BEGIN MATERIALS PROVIDED

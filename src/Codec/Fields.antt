-- ===== src/Codec/Fields.antt =====
-- What the encodings of the fields bind (src/core/csdtx.ts).
use cairn_wallet.Base.{◌≡◌, refl, inl, inr, Option, some, arith, Option-cases}
use cairn_wallet.Base.Maybe.{◌>>=◌, traverse, length-traverse, traverse-map}
use cairn_wallet.Js.{val_uint32, val_uint64}
use cairn_wallet.Codec.{
  Bytes, Crypto, App, TxInput, TxOutput, Tx, u32, u64, le_bytes, len_bytes, hb, hb_fixed, concat,
  serialize_app, serialize_input, serialize_output, serialize, stripped, sha256d, hx, txid,
}
use cairn_wallet.Codec
use cairn_wallet.Codec.Wire
use cairn_wallet.Codec.Wire.{
  WireApp, WireInput, WireOutput, WireTx, IsWireInput, IsWireOutput, IsWireApp, IsWireTx,
  encode_input, encode_output, encode_app, encode, decode, decode-encode,
}

module _ (crypto : Crypto) where
  -- What the serializer writes for each part, as values: `none` where it throws.
  unfoldable pub input_view : TxInput → Option WireInput
  input_view i = hb_fixed crypto i.prev_txid 32 >>= λ t. hb crypto i.script_sig >>= λ s.
      some (record { prev_txid = t; vout = val_uint32 i.vout; script_sig = s })

  unfoldable pub output_view : TxOutput → Option WireOutput
  output_view o = val_uint64 o.value >>= λ v.
      hb_fixed crypto o.script_pubkey 20 >>= λ s. some (record { value = v; script_pubkey = s })

  unfoldable pub app_view : App → Option WireApp
  app_view Codec.App.no_app = some Wire.WireApp.no_app
  app_view (Codec.App.propose d h u e) = hb_fixed crypto h 32 >>= λ p. val_uint64 e >>= λ n.
      some (Wire.WireApp.propose (crypto.utf8_to_bytes d) p (crypto.utf8_to_bytes u) n)
  app_view (Codec.App.attest p s c) =
      hb_fixed crypto p 32 >>= λ b. some (Wire.WireApp.attest b (val_uint32 s) (val_uint32 c))

  unfoldable pub view : Tx → Option WireTx
  view tx = traverse input_view tx.inputs >>= λ ins. traverse output_view tx.outputs >>= λ outs.
      app_view tx.app >>= λ a. some (record {
        version = val_uint32 tx.version;
        inputs = ins;
        outputs = outs;
        locktime = val_uint32 tx.locktime;
        app = a;
      })

  serialize_input-view :
      (i : TxInput) → serialize_input crypto i ≡ (input_view i >>= λ w. some (encode_input w))
  unfolding serialize_input input_view encode_input u32
  serialize_input-view i = ground arith

  serialize_output-view :
      (o : TxOutput) → serialize_output crypto o ≡ (output_view o >>= λ w. some (encode_output w))
  unfolding serialize_output output_view encode_output u64
  serialize_output-view o = ground arith

  serialize_app-view :
      (a : App) → serialize_app crypto a ≡ (app_view a >>= λ w. some (encode_app w))
  unfolding serialize_app app_view encode_app u32 u64
  serialize_app-view Codec.App.no_app = refl
  serialize_app-view (Codec.App.propose d h u e) = ground arith
  serialize_app-view (Codec.App.attest p s c) = ground arith

  -- The serializer writes exactly the encoding of the view.
  pub serialize-view : (tx : Tx) → serialize crypto tx ≡ (view tx >>= λ w. some (encode w))
  unfolding serialize view encode u32
  serialize-view tx =
      let ins_eq =
        traverse-map input_view (serialize_input crypto) encode_input serialize_input-view
          tx.inputs in
      let outs_eq =
        traverse-map output_view (serialize_output crypto) encode_output serialize_output-view
          tx.outputs in
      elim (Option-cases (traverse input_view tx.inputs)) [
        | inl e ↦ ground (arith, ins_eq)
        | inr (ins, e) ↦ elim (Option-cases (traverse output_view tx.outputs)) [
          | inl f ↦ ground (arith, ins_eq, outs_eq)
          | inr (outs, f) ↦ ground (
            arith,
            ins_eq,
            outs_eq,
            serialize_app-view tx.app,
            length-traverse input_view tx.inputs ins e,
            length-traverse output_view tx.outputs outs f,
          )
        ]
      ]
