-- ===== src/Codec/Binding.antt =====
-- A transaction id binds the fields of its transaction: two transactions with one id agree on the wire, or a
-- collision of the hash is at hand (src/core/csdtx.ts `serialize`, `txid`).
use cairn_wallet.Base.{
  ℕ, ◌^◌, ◌<◌, ◌≡◌, ◌≢◌, sym, ap, subst, ◌∙◌, ◌⊎◌, inl, inr, Bool-cases, some, List, [], append-nil,
  length, All, All-zip, arith, Option-cases,
}
use mathlib.Core.Option.{some-injective}
use cairn_wallet.Base.Text.{Text, text_eq, text_eq_refl, eq_of_text_eq}
use cairn_wallet.Base.Maybe.{traverse, >>=-eq-some, All-traverse}
use cairn_wallet.Js.{val_uint32, val_uint64, val_uint32-lt, val_uint64-lt}
use cairn_wallet.Codec.{
  Bytes, Crypto, App, TxInput, TxOutput, Tx, u32, u64, le_bytes, len_bytes, hb, hb_fixed, concat,
  serialize_app, serialize_input, serialize_output, serialize, stripped, sha256d, hx, txid,
}
use cairn_wallet.Codec
use cairn_wallet.Codec.Wire
use cairn_wallet.Codec.Wire.{
  WireApp, WireInput, WireOutput, WireTx, IsWireInput, IsWireOutput, IsWireApp, IsWireTx,
  encode_input, encode_output, encode_app, encode, decode, decode-encode,
}
use cairn_wallet.Codec.Fields.{input_view, output_view, app_view, view, serialize-view}

-- Lengths that fit their 64-bit prefixes: no list or byte array in a browser is longer.
abbrev pub IsShortApp : WireApp → Type 0
IsShortApp Wire.WireApp.no_app = Unit
IsShortApp (Wire.WireApp.propose d h u e) = (length d < 2 ^ 64) × (length u < 2 ^ 64)
IsShortApp (Wire.WireApp.attest p s c) = Unit

pub record IsShort (w : WireTx) : Type 0 where
  pub inputs_short : length w.inputs < 2 ^ 64
  pub scripts_short : All (λ (i : WireInput). length i.script_sig < 2 ^ 64) w.inputs
  pub outputs_short : length w.outputs < 2 ^ 64
  pub app_short : IsShortApp w.app

abbrev wire_of : Tx → List WireInput → List WireOutput → WireApp → WireTx
wire_of tx ins outs a = record {
  version = val_uint32 tx.version;
  inputs = ins;
  outputs = outs;
  locktime = val_uint32 tx.locktime;
  app = a;
}

module _ (crypto : Crypto) where
  hb_fixed_width : (h : Text) (n : ℕ) (b : Bytes) → hb_fixed crypto h n ≡ some b → length b ≡ n
  unfolding hb_fixed
  hb_fixed_width h n b e = ground arith

  input_view_widths :
      (i : TxInput) (w : WireInput)
      → input_view crypto i ≡ some w
      → (length w.prev_txid ≡ 32) × (w.vout < 256 ^ 4)
  unfolding input_view
  input_view_widths i w h = elim (Option-cases (hb_fixed crypto i.prev_txid 32)) [
    | inl e ↦ ground arith
    | inr (t, e) ↦ ground (
      arith,
      hb_fixed_width i.prev_txid 32 t e,
      val_uint32-lt i.vout,
      Option-cases (hb crypto i.script_sig),
    )
  ]

  output_view_widths :
      (o : TxOutput) (w : WireOutput) → output_view crypto o ≡ some w → IsWireOutput w
  unfolding output_view
  output_view_widths o w h = elim (Option-cases (val_uint64 o.value)) [
    | inl e ↦ ground arith
    | inr (v, e) ↦ elim (Option-cases (hb_fixed crypto o.script_pubkey 20)) [
      | inl f ↦ ground arith
      | inr (s, f) ↦
          ground (arith, val_uint64-lt o.value v e, hb_fixed_width o.script_pubkey 20 s f)
    ]
  ]

  app_view-IsWireApp :
      (a : App) (w : WireApp) → app_view crypto a ≡ some w → IsShortApp w → IsWireApp w
  unfolding app_view
  app_view-IsWireApp Codec.App.no_app Wire.WireApp.no_app h s = tt
  app_view-IsWireApp Codec.App.no_app _ h s = absurd (cc)
  app_view-IsWireApp (Codec.App.propose d p u x) w h s =
      elim (Option-cases (hb_fixed crypto p 32)) [
        | inl e ↦ ground arith
        | inr (b, e) ↦ elim (Option-cases (val_uint64 x)) [
          | inl f ↦ ground arith
          | inr (n, f) ↦ ground (arith, hb_fixed_width p 32 b e, val_uint64-lt x n f)
        ]
      ]
  app_view-IsWireApp (Codec.App.attest p x y) w h s = elim (Option-cases (hb_fixed crypto p 32)) [
    | inl e ↦ ground arith
    | inr (b, e) ↦ ground (arith, hb_fixed_width p 32 b e, val_uint32-lt x, val_uint32-lt y)
  ]

  parts-IsWireTx :
      (tx : Tx) (ins : List WireInput) (outs : List WireOutput) (a : WireApp)
      → traverse (input_view crypto) tx.inputs ≡ some ins
      → traverse (output_view crypto) tx.outputs ≡ some outs
      → app_view crypto tx.app ≡ some a
      → IsShort (wire_of tx ins outs a)
      → IsWireTx (wire_of tx ins outs a)
  parts-IsWireTx tx ins outs a e1 e2 e3 s = record {
    version_range = val_uint32-lt tx.version;
    inputs_short = s.inputs_short;
    inputs_wire =
        All-zip (λ (i : WireInput). (length i.prev_txid ≡ 32) × (i.vout < 256 ^ 4))
          (λ (i : WireInput). length i.script_sig < 2 ^ 64) IsWireInput ins (λ i p q. omega arith)
          (All-traverse _ (input_view crypto) input_view_widths tx.inputs ins e1) s.scripts_short;
    outputs_short = s.outputs_short;
    outputs_wire =
        All-traverse IsWireOutput (output_view crypto) output_view_widths tx.outputs outs e2;
    locktime_range = val_uint32-lt tx.locktime;
    app_wire = app_view-IsWireApp tx.app a e3 s.app_short;
  }

  view-IsWireTx : (tx : Tx) (w : WireTx) → view crypto tx ≡ some w → IsShort w → IsWireTx w
  unfolding view
  view-IsWireTx tx w h s =
      let (ins, e1, h1) = >>=-eq-some (traverse (input_view crypto) tx.inputs) _ h in
      let (outs, e2, h2) = >>=-eq-some (traverse (output_view crypto) tx.outputs) _ h1 in
      let (a, e3, h3) = >>=-eq-some (app_view crypto tx.app) _ h2 in
      let e : wire_of tx ins outs a ≡ w = some-injective _ _ h3 in
      subst IsWireTx e (parts-IsWireTx tx ins outs a e1 e2 e3 (subst IsShort (sym e) s))

  -- Decoding what the serializer wrote gives the view back: nothing of it is lost.
  pub decode-serialize :
      (tx : Tx) (w : WireTx) (b : Bytes)
      → view crypto tx ≡ some w
      → IsShort w
      → serialize crypto tx ≡ some b
      → decode b ≡ some (w, [])
  decode-serialize tx w b hv hs hb =
      let e : encode w ≡ b = some-injective _ _ (rw hv at (sym (serialize-view crypto tx)) ∙ hb) in
      rw (← e, ← append-nil (encode w)) (decode-encode w [] (view-IsWireTx tx w hv hs))

  -- Two transactions that serialize to the same bytes agree on every field that the bytes carry.
  pub serialize_binds :
      (t u : Tx) (v w : WireTx) (b : Bytes)
      → view crypto t ≡ some v
      → view crypto u ≡ some w
      → IsShort v
      → IsShort w
      → serialize crypto t ≡ some b
      → serialize crypto u ≡ some b
      → v ≡ w
  serialize_binds t u v w b ht hu sv sw et eu =
      ground (arith, decode-serialize t v b ht sv et, decode-serialize u w b hu sw eu)

  abbrev pub Collision : Type 0
  Collision = (a : Bytes) × (b : Bytes) × (a ≢ b) × (crypto.sha256 a ≡ crypto.sha256 b)

  sha256d_collision : (a b : Bytes) → sha256d crypto a ≡ sha256d crypto b → (a ≡ b) ⊎ Collision
  unfolding sha256d
  sha256d_collision a b h = elim (Bool-cases (text_eq a b)) [
    | inl e ↦ inl (eq_of_text_eq a b e)
    | inr ne ↦ elim (Bool-cases (text_eq (crypto.sha256 a) (crypto.sha256 b))) [
      | inl e ↦ inr (a, b, (λ p. cc (text_eq_refl a, ap (text_eq a) p)), eq_of_text_eq _ _ e)
      | inr ne2 ↦ inr (
        crypto.sha256 a,
        crypto.sha256 b,
        (λ p. cc (text_eq_refl (crypto.sha256 a), ap (text_eq (crypto.sha256 a)) p)),
        h,
      )
    ]
  ]

  hx_tail :
      (a b : Bytes) (id : Text)
      → some (hx crypto (sha256d crypto a)) ≡ some id
      → some (hx crypto (sha256d crypto b)) ≡ some id
      → crypto.bytes_to_hex (sha256d crypto a) ≡ crypto.bytes_to_hex (sha256d crypto b)
  unfolding hx
  hx_tail a b id h k = cc

  -- Where the hexadecimal text of a digest determines the digest, two transactions with one id, no list or text of
  -- which has 2 ^ 64 elements, agree on every field that their stripped forms write, or the hash collides.
  pub txid_binds :
      ((a b : Bytes)
        → crypto.bytes_to_hex (crypto.sha256 a) ≡ crypto.bytes_to_hex (crypto.sha256 b)
        → crypto.sha256 a ≡ crypto.sha256 b)
      → (t u : Tx) (v w : WireTx) (id : Text) → view crypto (stripped t) ≡ some v
      → view crypto (stripped u) ≡ some w
      → IsShort v
      → IsShort w
      → txid crypto t ≡ some id
      → txid crypto u ≡ some id
      → (v ≡ w) ⊎ Collision
  unfolding txid sha256d
  txid_binds hex_injective t u v w id ht hu sv sw et eu =
      let (a, ea, ha) = >>=-eq-some (serialize crypto (stripped t)) _ et in
      let (b, eb, hb) = >>=-eq-some (serialize crypto (stripped u)) _ eu in
      let same : sha256d crypto a ≡ sha256d crypto b = hex_injective _ _ (hx_tail a b id ha hb) in
      elim (sha256d_collision a b same) [
        | inl e ↦ inl (serialize_binds (stripped t) (stripped u) v w b ht hu sv sw (rw e at ea) eb)
        | inr c ↦ inr c
      ]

END MATERIALS PROVIDED

### WHAT YOU WILL DO
From the records above, return each line that has the string "append".

### TASK ANSWER
  ℕ, ◌^◌, ◌<◌, ◌≡◌, ◌≢◌, sym, ap, subst, ◌∙◌, ◌⊎◌, inl, inr, Bool-cases, some, List, [], append-nil,
      rw (← e, ← append-nil (encode w)) (decode-encode w [] (view-IsWireTx tx w hv hs))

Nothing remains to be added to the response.